From mboxrd@z Thu Jan  1 00:00:00 1970
From: =?iso-8859-1?Q?Ga=EBtan?= Rivet <gaetan.rivet@6wind.com>
Subject: Re: [PATCH v2 1/4] bus/pci: handle device hot unplug
Date: Fri, 22 Jun 2018 14:59:08 +0200
Message-ID: <20180622125908.r5r7qvvndn4dp6ln@bidouze.vm.6wind.com>
References: <1498711073-42917-1-git-send-email-jia.guo@intel.com>
 <1529668268-7462-1-git-send-email-jia.guo@intel.com>
 <1529668268-7462-2-git-send-email-jia.guo@intel.com>
Mime-Version: 1.0
Content-Type: text/plain; charset=iso-8859-1
Content-Transfer-Encoding: 8bit
Cc: stephen@networkplumber.org, bruce.richardson@intel.com,
 ferruh.yigit@intel.com, konstantin.ananyev@intel.com,
 jingjing.wu@intel.com, thomas@monjalon.net, motih@mellanox.com,
 matan@mellanox.com, harry.van.haaren@intel.com,
 qi.z.zhang@intel.com, shaopeng.he@intel.com, jblunck@infradead.org,
 shreyansh.jain@nxp.com, dev@dpdk.org, helin.zhang@intel.com
To: Jeff Guo <jia.guo@intel.com>
Return-path: <dev-bounces@dpdk.org>
Received: from mail-wm0-f65.google.com (mail-wm0-f65.google.com [74.125.82.65])
 by dpdk.org (Postfix) with ESMTP id 8D2891B8B5
 for <dev@dpdk.org>; Fri, 22 Jun 2018 14:59:26 +0200 (CEST)
Received: by mail-wm0-f65.google.com with SMTP id v16-v6so2161782wmh.5
 for <dev@dpdk.org>; Fri, 22 Jun 2018 05:59:26 -0700 (PDT)
Content-Disposition: inline
In-Reply-To: <1529668268-7462-2-git-send-email-jia.guo@intel.com>
List-Id: DPDK patches and discussions <dev.dpdk.org>
List-Unsubscribe: <https://mails.dpdk.org/options/dev>,
 <mailto:dev-request@dpdk.org?subject=unsubscribe>
List-Archive: <http://mails.dpdk.org/archives/dev/>
List-Post: <mailto:dev@dpdk.org>
List-Help: <mailto:dev-request@dpdk.org?subject=help>
List-Subscribe: <https://mails.dpdk.org/listinfo/dev>,
 <mailto:dev-request@dpdk.org?subject=subscribe>
Errors-To: dev-bounces@dpdk.org
Sender: "dev" <dev-bounces@dpdk.org>

Hi Jeff,

Sorry, I followed this development from afar,
I have a remark regarding this API, I think it can be made simpler.
Details below.

On Fri, Jun 22, 2018 at 07:51:05PM +0800, Jeff Guo wrote:
> When a hardware device is removed physically or the software disables
> it, the hot unplug occur.

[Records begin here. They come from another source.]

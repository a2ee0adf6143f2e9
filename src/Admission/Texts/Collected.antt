-- ===== src/Admission/Texts/Collected.antt =====
-- The collectors return exactly the texts that a step has
-- (workflow_deps_validation.go: collectCELStringsFromStep, collectCELStringsFromForEachStep).
use ottoflow.Prelude.{
  String, Bool, true, false, Option, none, some, List, [], ◌∷◌, ◌++◌, ◌≡◌, refl, ap, ◌∙◌, ◌==◌,
  ◌&&◌, ◌||◌, contains, contains-append, arith, eq_iff, Bool-cases, inl, inr,
}
use ottoflow.Api.Json.{Json, null, bool, num, str, arr, obj, Items, nil, cons, Fields, end, field}
use ottoflow.Api.Step.{
  Step, Output, Expression, ForEach, ForEachStep, WorkflowRefStep, AgentRef, ExternalAgentRef,
  McpToolCall, ResourceQuery, PrometheusQuery, Mutate, OpenReport, StepTemplateRef,
}
use ottoflow.Admission.Texts.{
  Reader, texts, values_of, expressions_of, text_of, evaluated_as_cel, walk, walk_items,
  walk_fields, json_string_values, value_texts, output_texts, query_texts, prometheus_texts,
  mutate_texts, workflow_texts, prompt_texts, tool_texts, template_texts, items_texts,
  external_texts, collect_cel_strings_from_open_report, collect_cel_strings_from_step,
  collect_cel_strings_from_for_each_step,
}
use ottoflow.Admission.Texts.Found.{
  is_expression, is_value, is_pointed, is_string, is_item, is_field, is_raw, is_output_value,
  is_output, in_query, in_prometheus, in_mutate, in_workflow, in_prompts, in_tool, in_template,
  in_items, in_external, in_report, has_text, has_inner_text,
}

module _ (r : Reader) (t : String) (filled : (t == "") ≡ false) where
  -- Joined lists have the texts of both.
  joined :
      (xs ys : List String) {p q : Bool}
      → contains t xs ≡ p
      → contains t ys ≡ q
      → contains t (xs ++ ys) ≡ (p || q)
  joined xs ys {p} {q} h k =
      contains-append t xs ys ∙ (ap (λ b. b || contains t ys) h ∙ ap (λ b. p || b) k)

  contains-texts : (l : List String) → contains t (texts l) ≡ contains t l
  contains-texts [] = refl
  contains-texts (x ∷ xs) =
      ground (arith, filled, contains-texts xs, eq_iff x t, eq_iff x "", eq_iff t "")

  contains-values_of : (m : List (String × String)) → contains t (values_of m) ≡ is_value t m
  unfolding values_of
  contains-values_of [] = refl
  contains-values_of (e ∷ es) = ap (λ b. e.1 == t || b) (contains-values_of es)

  contains-expressions_of :
      (es : List Expression) → contains t (expressions_of es) ≡ is_expression t es
  unfolding expressions_of
  contains-expressions_of [] = refl
  contains-expressions_of (e ∷ es) = ap (λ b. e.expression == t || b) (contains-expressions_of es)

  values_found : (m : List (String × String)) → contains t (texts (values_of m)) ≡ is_value t m
  values_found m = contains-texts (values_of m) ∙ contains-values_of m

  contains-text_of : (o : Option String) → contains t (text_of o) ≡ is_pointed t o
  unfolding text_of
  contains-text_of none = refl
  contains-text_of (some s) = contains-texts (s ∷ []) ∙ ground arith

  same : (s : String) → (s == t) ≡ true → s ≡ t
  same s e = ground (arith, e, eq_iff s t)

  mutual
    unfolding walk walk_items walk_fields evaluated_as_cel

    contains-walk :
        (v : Json) → contains t (walk r v) ≡ (is_string t v && (r.has_marks t && r.parses t))
    contains-walk (str s) = elim (Bool-cases (s == t)) [
      | inl e ↦ ground (arith, e, ap r.has_marks (same s e), ap r.parses (same s e))
      | inr e ↦ ground (arith, e)
    ]
    contains-walk (arr xs) = contains-walk_items xs
    contains-walk (obj fs) = contains-walk_fields fs
    contains-walk null = refl
    contains-walk (bool b) = refl
    contains-walk (num n) = refl

    contains-walk_items :
        (xs : Items)
        → contains t (walk_items r xs) ≡ (is_item t xs && (r.has_marks t && r.parses t))
    contains-walk_items nil = refl
    contains-walk_items (cons x xs) =
        joined (walk r x) (walk_items r xs) (contains-walk x) (contains-walk_items xs)
        ∙ ground arith

    contains-walk_fields :
        (fs : Fields)
        → contains t (walk_fields r fs) ≡ (is_field t fs && (r.has_marks t && r.parses t))
    contains-walk_fields end = refl
    contains-walk_fields (field k v fs) =
        joined (walk r v) (walk_fields r fs) (contains-walk v) (contains-walk_fields fs)
        ∙ ground arith

  contains-json_string_values :
      (raw : String) → contains t (json_string_values r raw) ≡ is_raw r t raw
  unfolding json_string_values
  contains-json_string_values raw = by_value (r.unmarshal raw)
    where
      by_value :
          (o : Option Json)
          → contains t (elim o [ none ↦ raw ∷ [] | some v ↦ walk r v ])
            ≡ elim o [ none ↦ raw == t | some v ↦ is_string t v && (r.has_marks t && r.parses t) ]
      by_value none = ground arith
      by_value (some v) = contains-walk v

  contains-value_texts : (o : Option String) → contains t (value_texts r o) ≡ is_output_value r t o
  unfolding value_texts
  contains-value_texts none = refl
  contains-value_texts (some raw) = elim (Bool-cases (raw == "")) [
    | inl e ↦ rw (e) refl
    | inr e ↦ rw (e) (contains-json_string_values raw)
  ]

  contains-output_texts : (os : List Output) → contains t (output_texts r os) ≡ is_output r t os
  unfolding output_texts
  contains-output_texts [] = refl
  contains-output_texts (o ∷ os) =
      joined _ _ (joined _ _ (contains-texts (o.expression ∷ [])) (contains-value_texts o.value))
        (contains-output_texts os)
      ∙ ground arith

  contains-query_texts : (o : Option ResourceQuery) → contains t (query_texts r o) ≡ in_query t o
  unfolding query_texts
  contains-query_texts none = refl
  contains-query_texts (some q) =
      joined _ _
        (joined _ _ (contains-texts (q.namespace ∷ q.name ∷ q.field_selector ∷ []))
          (values_found q.outputs))
        (values_found q.label_selector)
      ∙ ground arith

  contains-prometheus_texts :
      (o : Option PrometheusQuery) → contains t (prometheus_texts r o) ≡ in_prometheus t o
  unfolding prometheus_texts
  contains-prometheus_texts none = refl
  contains-prometheus_texts (some q) =
      joined (texts (values_of q.variables)) (texts (values_of q.outputs))
        (values_found q.variables) (values_found q.outputs)

  contains-mutate_texts : (o : Option Mutate) → contains t (mutate_texts r o) ≡ in_mutate t o
  unfolding mutate_texts
  contains-mutate_texts none = refl
  contains-mutate_texts (some m) =
      joined _ _
        (joined _ _
          (joined _ _ (contains-texts (m.target_namespace ∷ m.target_name ∷ []))
            (contains-text_of m.apply_configuration))
          (contains-text_of m.json_patch))
        (values_found m.outputs)
      ∙ ground arith

  contains-workflow_texts :
      (o : Option WorkflowRefStep) → contains t (workflow_texts r o) ≡ in_workflow t o
  unfolding workflow_texts
  contains-workflow_texts none = refl
  contains-workflow_texts (some w) = values_found w.inputs

  contains-prompt_texts : (o : Option AgentRef) → contains t (prompt_texts r o) ≡ in_prompts t o
  unfolding prompt_texts
  contains-prompt_texts none = refl
  contains-prompt_texts (some a) = contains-texts a.additional_prompts

  contains-tool_texts : (o : Option McpToolCall) → contains t (tool_texts r o) ≡ in_tool t o
  unfolding tool_texts
  contains-tool_texts none = refl
  contains-tool_texts (some c) = values_found c.arguments

  contains-template_texts :
      (o : Option StepTemplateRef) → contains t (template_texts r o) ≡ in_template t o
  unfolding template_texts
  contains-template_texts none = refl
  contains-template_texts (some x) = values_found x.arguments

  contains-items_texts : (o : Option ForEach) → contains t (items_texts r o) ≡ in_items t o
  unfolding items_texts
  contains-items_texts none = refl
  contains-items_texts (some f) = contains-texts (f.items ∷ []) ∙ ground arith

  contains-external_texts :
      (o : Option ExternalAgentRef) → contains t (external_texts r o) ≡ in_external t o
  unfolding external_texts
  contains-external_texts none = refl
  contains-external_texts (some a) = contains-texts (a.prompt ∷ []) ∙ ground arith

  contains-report :
      (o : Option OpenReport)
      → contains t (collect_cel_strings_from_open_report r o) ≡ in_report t o
  unfolding collect_cel_strings_from_open_report
  contains-report none = refl
  contains-report (some x) =
      contains-texts (x.results_expression ∷ x.scope_expression ∷ x.summary_expression ∷ [])
      ∙ ground arith

  -- The collectors return the texts that a step has, other than the empty one, and no others.
  pub contains-collect :
      (s : Step) → contains t (collect_cel_strings_from_step r s) ≡ has_text r t s
  unfolding collect_cel_strings_from_step
  contains-collect s =
      joined _ _
        (joined _ _
          (joined _ _
            (joined _ _
              (joined _ _
                (joined _ _
                  (joined _ _
                    (joined _ _
                      (joined _ _
                        (joined _ _
                          (joined _ _
                            (joined _ _
                              (contains-texts (expressions_of s.expressions)
                                ∙ contains-expressions_of s.expressions)
                              (contains-output_texts s.outputs))
                            (contains-texts (expressions_of s.match_conditions)
                              ∙ contains-expressions_of s.match_conditions))
                          (contains-workflow_texts s.workflow_ref))
                        (contains-prompt_texts s.agent_ref))
                      (contains-tool_texts s.mcp_tool_call))
                    (contains-query_texts s.resource_query))
                  (contains-prometheus_texts s.prometheus_query))
                (contains-mutate_texts s.mutate))
              (contains-template_texts s.step_template_ref))
            (contains-items_texts s.for_each))
          (contains-external_texts s.external_agent_ref))
        (contains-report s.open_report)

  pub contains-collect_inner :
      (s : ForEachStep)
      → contains t (collect_cel_strings_from_for_each_step r s) ≡ has_inner_text r t s
  unfolding collect_cel_strings_from_for_each_step
  contains-collect_inner s =
      joined _ _
        (joined _ _
          (joined _ _
            (joined _ _
              (joined _ _
                (joined _ _
                  (joined _ _
                    (joined _ _
                      (joined _ _
                        (joined _ _
                          (contains-texts (expressions_of s.expressions)
                            ∙ contains-expressions_of s.expressions)
                          (contains-output_texts s.outputs))
                        (contains-texts (expressions_of s.match_conditions)
                          ∙ contains-expressions_of s.match_conditions))
                      (contains-query_texts s.resource_query))
                    (contains-prometheus_texts s.prometheus_query))
                  (contains-mutate_texts s.mutate))
                (contains-prompt_texts s.agent_ref))
              (contains-tool_texts s.mcp_tool_call))
            (contains-workflow_texts s.workflow_ref))
          (contains-external_texts s.external_agent_ref))
        (contains-report s.open_report)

App need to call ether dev API to detach the
> device, to unplug the device at the bus level and make access to the device
> invalid. But the problem is that, the removal of the device from the
> software lists is not going to be instantaneous, at this time if the data
> path still read/write the device, it will cause MMIO error and result of
> the app crash out. So a hot unplug handle mechanism need to guaranty app
> will not crash out when hot unplug device.
> 
> To handle device hot unplug is bus-specific behavior, this patch introduces
> a bus ops so that each kind of bus can implement its own logic. Further,
> this patch implements the ops for PCI bus: remap a dummy memory to avoid
> bus read/write error.
> 
> Signed-off-by: Jeff Guo <jia.guo@intel.com>
> ---
> v2->v1(v21):
> refind commit log
> ---
>  drivers/bus/pci/pci_common.c            | 65 +++++++++++++++++++++++++++++++++
>  drivers/bus/pci/pci_common_uio.c        | 33 +++++++++++++++++
>  drivers/bus/pci/private.h               | 12 ++++++
>  lib/librte_eal/common/include/rte_bus.h | 16 ++++++++
>  4 files changed, 126 insertions(+)
> 
> diff --git a/drivers/bus/pci/pci_common.c b/drivers/bus/pci/pci_common.c
> index 7215aae..74d9aa8 100644
> --- a/drivers/bus/pci/pci_common.c
> +++ b/drivers/bus/pci/pci_common.c
> @@ -472,6 +472,70 @@ pci_find_device(const struct rte_device *start, rte_dev_cmp_t cmp,
>  	return NULL;
>  }
>  
> +static struct rte_pci_device *
> +pci_find_device_by_addr(void *failure_addr)
> +{
> +	struct rte_pci_device *pdev = NULL;
> +	int i;
> +
> +	FOREACH_DEVICE_ON_PCIBUS(pdev) {
> +		for (i = 0; i != RTE_DIM(pdev->mem_resource); i++) {
> +			if ((uint64_t)(uintptr_t)failure_addr >=
> +			    (uint64_t)(uintptr_t)pdev->mem_resource[i].addr &&
> +			    (uint64_t)(uintptr_t)failure_addr <
> +			    (uint64_t)(uintptr_t)pdev->mem_resource[i].addr +
> +			    pdev->mem_resource[i].len) {
> +				RTE_LOG(ERR, EAL, "Failure address "
> +					"%16.16"PRIx64" belongs to "
> +					"device %s!\n",
> +					(uint64_t)(uintptr_t)failure_addr,
> +					pdev->device.name);
> +				return pdev;
> +			}
> +		}
> +	}
> +	return NULL;
> +}

You define here a new bus ops that takes either an rte_device or an
arbitrary address as input.

In the uev handler that would call this ops afterward, you similarly try
to find either a bus using the device name, or then iterate over all
buses and try to find one able to handle the error.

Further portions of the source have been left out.